This does not render Israel less secular. Perhaps you would care to tell us which other country in the middle east is more open, more democratic or more secular than Israel.


----------



## MacDoc (Nov 3, 2001)

Gord - the smoking gun over radical manipulation for me is the very persistent reports that 3 more far more offensive cartoons were circulated and that THOSE cartoons originated with radical Muslim elements.

I'd still like confirmation on that as much flows from that. Anyone???


----------



## gordguide (Jan 13, 2001)

Doc, I have no doubt whatsoever that there is fuel being poured on the fire (if you were a militant radical, what would you do?). There are those who feel the end justifies the means, whatever the issue at hand, and they are no less likely to be found in the hills of Pakistan or the slums of Cairo as they are behind the Kremlin walls, tucked within the enclaves of the old Reichstag, or within the Toronto City Hall, for that matter.

It's too bad we let it get this far, when the right approach could have nipped it in the bud. 

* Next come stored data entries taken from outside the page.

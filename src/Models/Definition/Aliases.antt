-- ===== src/Models/Definition/Aliases.antt =====
-- definition_helpers.go: the aliases of a merged definition.
use code_code_platform_catal.Prelude.{
  ◌≡◌, refl, sym, ap, ◌∙◌, true, ◌||◌, List, [], ◌∷◌, ◌++◌, Option, none, some, contains,
  collect_distinct-IsDistinct, contains-collect_distinct, yields, yields-append, contains-sort_by,
  sort_by-IsAscending, IsAscending, Ascending-unique, IsComparator, Ordering, flip, arith, ◌==◌,
  eq_iff, eq_self, Option-cases, inl, inr, Bool-cases,
}
use code_code_platform_catal.Text.{
  is_empty, trim_space, trim_idem, is_space, compare_text_swap, compare_text-eq, compare_text_trans,
}
use code_code_platform_catal.ModelIdentity.Candidates.{ModelAlias}
use code_code_platform_catal.Models.Definition.{
  alias_eq, merged_alias, compare_alias, sorted_aliases, some_aliases, merge_definition_aliases,
}

compare_alias-IsComparator : IsComparator compare_alias
compare_alias-IsComparator = record {
  swap = compare_alias_swap;
  same = compare_alias-eq;
  trans = compare_alias_trans;
}
  where
    compare_alias_swap : (a b : ModelAlias) → compare_alias b a ≡ flip (compare_alias a b)
    compare_alias_swap a b =
        unfold compare_alias in ground (arith, compare_text_swap a.value b.value)

    compare_alias-eq : (a b : ModelAlias) → compare_alias a b ≡ Ordering.eq → a ≡ b
    compare_alias-eq a b h = unfold compare_alias in ground (arith, compare_text-eq a.value b.value)

    compare_alias_trans :
        (a b c : ModelAlias)
        → compare_alias a b ≡ Ordering.lt
        → compare_alias b c ≡ Ordering.lt
        → compare_alias a c ≡ Ordering.lt
    compare_alias_trans a b c h k =
        unfold compare_alias in ground (arith, compare_text_trans a.value b.value c.value)

sorted_aliases-IsAscending :
    (xs : List (Option ModelAlias)) → IsAscending compare_alias (sorted_aliases xs)
unfolding sorted_aliases
sorted_aliases-IsAscending xs =
    sort_by-IsAscending compare_alias compare_alias-IsComparator _
      (collect_distinct-IsDistinct merged_alias xs)

contains-sorted_aliases :
    (xs : List (Option ModelAlias)) (a : ModelAlias)
    → contains (sorted_aliases xs) a ≡ yields merged_alias xs a
unfolding sorted_aliases
contains-sorted_aliases xs a =
    contains-sort_by compare_alias _ a ∙ contains-collect_distinct merged_alias xs a

pub sorted_aliases_unique :
    (xs ys : List (Option ModelAlias))
    → ((a : ModelAlias) → yields merged_alias xs a ≡ yields merged_alias ys a)
    → sorted_aliases xs ≡ sorted_aliases ys
sorted_aliases_unique xs ys same =
    Ascending-unique compare_alias compare_alias-IsComparator _ _ (sorted_aliases-IsAscending xs)
      (sorted_aliases-IsAscending ys)
      (λ a. contains-sorted_aliases xs a ∙ same a ∙ sym (contains-sorted_aliases ys a))

merged_alias_idem :
    (o : Option ModelAlias) (a : ModelAlias)
    → merged_alias o ≡ some a
    → merged_alias (some a) ≡ some a
unfolding merged_alias
merged_alias_idem none a h = ground arith
merged_alias_idem (some b) a h = elim (Bool-cases (is_empty (trim_space b.value))) [
  | inl e ↦ ground (arith, e)
  | inr e ↦ ground (arith, e, trim_idem is_space b.value)
]

yields-normal :
    (xs : List (Option ModelAlias)) (a : ModelAlias)
    → yields merged_alias xs a ≡ true
    → merged_alias (some a) ≡ some a
yields-normal [] a h = unfold yields in ground arith
yields-normal (x ∷ xs) a h = elim (Option-cases (merged_alias x)) [
  | inl e ↦ yields-normal xs a (unfold yields in ground (arith, e))
  | inr (b, e) ↦ elim (Bool-cases (b == a)) [
    | inl same ↦ merged_alias_idem x a (cc (e, (eq_iff b a).0 same))
    | inr other ↦ yields-normal xs a (unfold yields in ground (arith, e, other))
  ]
]

yields-of_normal :
    (l : List ModelAlias) (a : ModelAlias)
    → ((x : ModelAlias) → contains l x ≡ true → merged_alias (some x) ≡ some x)
    → yields merged_alias (some_aliases l) a ≡ contains l a
unfolding yields contains
yields-of_normal [] a h = refl
yields-of_normal (x ∷ l) a h =
    rw (h x (ground (arith, eq_self x)), yields)
      (ap (λ b. x == a || b) (yields-of_normal l a (λ y m. h y (ground (arith, m)))))

yields-some_aliases :
    (xs : List (Option ModelAlias)) (a : ModelAlias)
    → yields merged_alias (some_aliases (sorted_aliases xs)) a ≡ yields merged_alias xs a
yields-some_aliases xs a =
    yields-of_normal (sorted_aliases xs) a
      (λ x m. yields-normal xs x (sym (contains-sorted_aliases xs x) ∙ m))
    ∙ contains-sorted_aliases xs a

pub merge_definition_aliases_assoc :
    (a b c : List (Option ModelAlias))
    → merge_definition_aliases (merge_definition_aliases a b) c
      ≡ merge_definition_aliases a (merge_definition_aliases b c)
unfolding merge_definition_aliases
merge_definition_aliases_assoc a b c = ap some_aliases (
    sorted_aliases_unique (some_aliases (sorted_aliases (a ++ b)) ++ c)
      (a ++ some_aliases (sorted_aliases (b ++ c)))
      (λ x. ground (
        arith,
        yields-append merged_alias (some_aliases (sorted_aliases (a ++ b))) c x,
        yields-append merged_alias a (some_aliases (sorted_aliases (b ++ c))) x,
        yields-some_aliases (a ++ b) x,
        yields-some_aliases (b ++ c) x,
        yields-append merged_alias a b x,
        yields-append merged_alias b c x,
      )))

There are those who could care less about apologies, but they are not the majority in many of the places that are seeing public reaction. You can't burn down embassies when the police recognize no-one but wanted criminals in the crowd, even in Syria. There is no lack of jail space in Damascus, last time I checked.

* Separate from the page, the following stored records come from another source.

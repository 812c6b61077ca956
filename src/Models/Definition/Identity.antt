-- ===== src/Models/Definition/Identity.antt =====
-- identity.go: the identity of a definition.
use code_code_platform_catal.Prelude.{
  ◌≡◌, false, Option, none, some, arith, inl, inr, Bool-cases, some_eq,
}
use code_code_platform_catal.Text.{Text, is_empty, is_space, trim_space, trim_idem}
use code_code_platform_catal.Models.Types.{ModelVersion}
use code_code_platform_catal.Models.Definition.{
  SurfaceIdentity, new_surface_identity, identity_from_definition,
}

abbrev pub IsTrimmed : Text → Type 0
IsTrimmed t = (trim_space t ≡ t) × (is_empty t ≡ false)

pub record IsIdentity (i : SurfaceIdentity) : Type 0 where
  pub vendor : IsTrimmed i.vendor_id
  pub model : IsTrimmed i.model_id

new_surface_identity-IsIdentity :
    (v m : Text) (i : SurfaceIdentity) → new_surface_identity v m ≡ some i → IsIdentity i
unfolding new_surface_identity
new_surface_identity-IsIdentity v m i h = elim (Bool-cases (is_empty (trim_space v))) [
  | inl blank ↦ absurd (ground (arith, h, blank))
  | inr named ↦ elim (Bool-cases (is_empty (trim_space m))) [
    | inl blank ↦ absurd (ground (arith, h, named, blank))
    | inr given ↦
        let same : record { vendor_id = trim_space v; model_id = trim_space m } ≡ i =
          some_eq (rw (named, given) at h) in
        rw (← same)
          (record { vendor = (trim_idem is_space v, named); model = (trim_idem is_space m, given) })
  ]
]

pub identity_from_definition-IsIdentity :
    (d : Option ModelVersion) (i : SurfaceIdentity)
    → identity_from_definition d ≡ some i
    → IsIdentity i
unfolding identity_from_definition
identity_from_definition-IsIdentity none i h = absurd (ground (arith, h))
identity_from_definition-IsIdentity (some d) i h =
    new_surface_identity-IsIdentity d.vendor_id d.model_id i h
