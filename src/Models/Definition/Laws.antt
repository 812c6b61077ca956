-- ===== src/Models/Definition/Laws.antt =====
-- definition_merge.go: the gaps of definitions and how they are filled.
use code_code_platform_catal.Prelude.{ℕ, ◌≡◌, refl, ap, List, Option, none, some, nat_eq, arith}
use code_code_platform_catal.Text.{Text}
use code_code_platform_catal.Models.Types.{ContextSpec, ModelVersion}
use code_code_platform_catal.Models.Definition.{
  fill_text, fill_enum, fill_list, fill_context, fill_context_tokens, fill_output_tokens,
  max_context_tokens_of, max_output_tokens_of, fill_definition, merge_definition_metadata,
}
use code_code_platform_catal.Models.Definition.Aliases.{merge_definition_aliases_assoc}

fill_text_assoc : (a b c : Text) → fill_text (fill_text a b) c ≡ fill_text a (fill_text b c)
unfolding fill_text
fill_text_assoc a b c = ground arith

fill_enum_assoc : (a b c : ℕ) → fill_enum (fill_enum a b) c ≡ fill_enum a (fill_enum b c)
unfolding fill_enum
fill_enum_assoc a b c = ground arith

fill_list_assoc : (a b c : List ℕ) → fill_list (fill_list a b) c ≡ fill_list a (fill_list b c)
unfolding fill_list
fill_list_assoc a b c = ground arith

fill_context_assoc :
    (a b c : Option ContextSpec)
    → fill_context (fill_context a b) c ≡ fill_context a (fill_context b c)
unfolding fill_context fill_context_tokens fill_output_tokens max_context_tokens_of
    max_output_tokens_of
fill_context_assoc a b c = ground arith

fill_definition_assoc :
    (a b c : ModelVersion)
    → fill_definition (fill_definition a b) c ≡ fill_definition a (fill_definition b c)
unfolding fill_definition
fill_definition_assoc a b c = simp (
  fill_text_assoc, fill_enum_assoc, fill_list_assoc, fill_context_assoc,
  merge_definition_aliases_assoc,
)

-- Filling the gaps of a definition from two others, in order of preference, does not depend on
-- which two of the three are merged first.
pub merge_definition_metadata_assoc :
    (a b c : Option ModelVersion)
    → merge_definition_metadata (merge_definition_metadata a b) c
      ≡ merge_definition_metadata a (merge_definition_metadata b c)
unfolding merge_definition_metadata
merge_definition_metadata_assoc none b c = refl
merge_definition_metadata_assoc (some a) none c = refl
merge_definition_metadata_assoc (some a) (some b) none = refl
merge_definition_metadata_assoc (some a) (some b) (some c) = ap some (fill_definition_assoc a b c)
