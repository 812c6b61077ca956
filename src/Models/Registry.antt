-- ===== src/Models/Registry.antt =====
-- model_registry_entry.go: the entry that the registry stores for a collected model.
use code_code_platform_catal.Prelude.{
  ℕ, Bool, List, [], ◌∷◌, Option, none, some, ◌||◌, if◌then◌else◌,
}
use code_code_platform_catal.Text.{Text, is_empty, trim_space}
use code_code_platform_catal.ModelIdentity.Slug.{normalized_vendor_slug}
use code_code_platform_catal.Models.Types.{
  ModelVersion, PricingSummary, CollectedSource, CollectedEntry,
}
use code_code_platform_catal.Models.Badges.{normalize_definition_source_badges}
use code_code_platform_catal.Models.Pricing.{normalize_pricing_summary}
use code_code_platform_catal.Models.Collected.{
  normalize_collected_sources, normalize_collected_source,
}

-- `modelservicev1.RegistryModelSource`.
pub record RegistrySource : Type 0 where
  pub source_id : Text
  pub kind : ℕ
  pub is_direct : Bool
  pub source_model_id : Text
  pub definition : Option ModelVersion
  pub badges : List Text
  pub pricing : Option PricingSummary

-- `modelservicev1.ModelRegistryEntry`.
pub record RegistryEntry : Type 0 where
  pub definition : Option ModelVersion
  pub badges : List Text
  pub pricing : Option PricingSummary
  pub sources : List RegistrySource

unfoldable pub normalize_registry_model_source : RegistrySource → RegistrySource
normalize_registry_model_source s = record {
  source_id = normalized_vendor_slug s.source_id;
  kind = s.kind;
  is_direct = s.is_direct;
  source_model_id = trim_space s.source_model_id;
  definition = s.definition;
  badges = normalize_definition_source_badges s.badges;
  pricing = normalize_pricing_summary s.pricing;
}

unfoldable pub spec_source_definition : CollectedSource → Option ModelVersion
spec_source_definition s =
    let vendor = normalized_vendor_slug s.vendor_id in
    let model = trim_space s.model_id in
    elim s.definition [
      | some definition ↦ some definition
      | none ↦
          if is_empty vendor || is_empty model
          then none
          else some (record {
            vendor_id = vendor;
            model_id = model;
            display_name = trim_space s.display_name;
            primary_shape = 0;
            supported_shapes = [];
            capabilities = [];
            input_modalities = [];
            output_modalities = [];
            context_spec = none;
            aliases = [];
          })
    ]

unfoldable pub spec_source_model_id : CollectedSource → Option ModelVersion → Text
spec_source_model_id s definition =
    let source_model = trim_space s.source_model_id in
    if is_empty source_model
    then elim definition [ some d ↦ trim_space d.model_id | none ↦ trim_space s.model_id ]
    else source_model

unfoldable pub registry_source : CollectedSource → RegistrySource
registry_source s =
    let d = spec_source_definition s in
    normalize_registry_model_source (record {
      source_id = s.source_id;
      kind = s.kind;
      is_direct = s.is_direct;
      source_model_id = spec_source_model_id s d;
      definition = d;
      badges = normalize_definition_source_badges s.badges;
      pricing = normalize_pricing_summary s.pricing;
    })

-- The loop of `protoRegistrySourcesFromCollectedSources`, which normalizes each source once more.
unfoldable pub registry_sources : List CollectedSource → List RegistrySource
registry_sources [] = []
registry_sources (s ∷ sources) = elim (normalize_collected_source (some s)) [
  | none ↦ registry_sources sources
  | some t ↦ registry_source t ∷ registry_sources sources
]

unfoldable pub proto_registry_sources_from_collected_sources :
    List (Option CollectedSource) → List RegistrySource
proto_registry_sources_from_collected_sources sources =
    registry_sources (normalize_collected_sources sources)

unfoldable pub new_model_registry_entry : Option CollectedEntry → Option RegistryEntry
new_model_registry_entry none = none
new_model_registry_entry (some e) = some (record {
  definition = e.definition;
  badges = normalize_definition_source_badges e.badges;
  pricing = normalize_pricing_summary e.pricing;
  sources = proto_registry_sources_from_collected_sources e.sources;
})
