-- ===== src/Sources.antt =====
-- packages/platform-k8s/internal/modelservice/models/source: how the models that a source lists
-- become collected entries, grouped by vendor.
pub mod Hosted
pub mod Projections
pub mod OpenRouter
use code_code_platform_catal.Prelude.{
  ℕ, Bool, List, [], ◌∷◌, Option, none, some, Ordering, compare, if◌then◌else◌, ◌==◌, nat_eq, ◌≡◌,
  flip, arith, collect_distinct, sort_by, IsComparator,
}
use code_code_platform_catal.Text.{Text, codes, text_eq, trim_space}

-- `source.CollectionContext`; an unknown vendor is `none`.
pub record CollectionContext : Type 0 where
  pub resolve_vendor : Text → Option Text
  pub alias_candidates : Text → List Text

-- The numbers of the contract's enum values that the sources name.
pub record Enums : Type 0 where
  pub text : ℕ
  pub image : ℕ
  pub audio : ℕ
  pub video : ℕ
  pub tool_calling : ℕ
  pub structured_output : ℕ
  pub image_input : ℕ
  pub chat_completions : ℕ
  pub discovered : ℕ

-- One value of a set of enum values, in the order of its numbers.
unfoldable pub sorted_set {ℓ} : {A : Type ℓ} → (A → Option ℕ) → List A → List ℕ
sorted_set f values = sort_by compare (collect_distinct f values)

unfoldable pub modality_of : Enums → Text → Option ℕ
modality_of enums value =
    let v = trim_space value in
    if v == codes "text"
    then some enums.text
    else if v == codes "image"
    then some enums.image
    else if v == codes "audio"
    then some enums.audio
    else if v == codes "video"
    then some enums.video
    else none

unfoldable pub parse_modalities : Enums → List Text → List ℕ
parse_modalities enums values = sorted_set (modality_of enums) values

But, what are they to do when ordinary Muslims are the majority of the crowd? You can't arrest the nation's dentists, policemen, and schoolchildren. Even though they are being prodded, when you mock those who rightly object, you push people into the arms of those who would exploit the opportunity to foster their own aims.

They were stupid to let it get this far. Reasonable people recognize a mistake and accept an apology. But, babble on about the "right" to a "free press", and insist that amounts to a right to insult their religion, and they get riled up, and probably rightly so.

Who needs fuel? It's a perpetual motion machine. You can't get ordinary people out on burning rampages when you are sincere and recognize their objections, which are certainly valid. Instead, we're insisting they accept a Western Value that conflicts with their fundamental beliefs, and prove we mean business by mocking them in cartoons. Yeah, that'll work.

It doesn't take much imagination to pen a few cartoons right now that will get people riled up right here at home, and that's certainly a point some people are trying to make. Probably the only interesting aspect is how many targets you can choose from who are guaranteed to result in a swift and perhaps violent response. Demonstrations? Child's play.

Oh, but I have my right to free speech. In Canada, we have to avoid denying the Holocaust, keep it on the good side of hate mail, and away you go. It's hardly a problem and leaves plenty of opportunity to insure I will be met with a torch-bearing mob, if I were so inclined.

With rights come responsibility. The first spark barely lit back in Copenhagen, but we needn't have worried; a bunch of European newspapers, and probably more and more outlets every day (I saw brief images of the offensive cartoons on TV this morning), insure there will be plenty of matches applied to the tinder to replace those that fail to ignite.


----------



## MacDoc (Nov 3, 2001)

Perhaps tho it's like a preventive burn on a prairie. Certainly flushes out the wildlife 

This conflict has been coming ( a number of Muslim commentators have said the same - there IS a growing and simmering values conflict ).
It's not just Muslims either it's bubbling up in the US as well......and in my mind has little to do with free speech or freedom of religion.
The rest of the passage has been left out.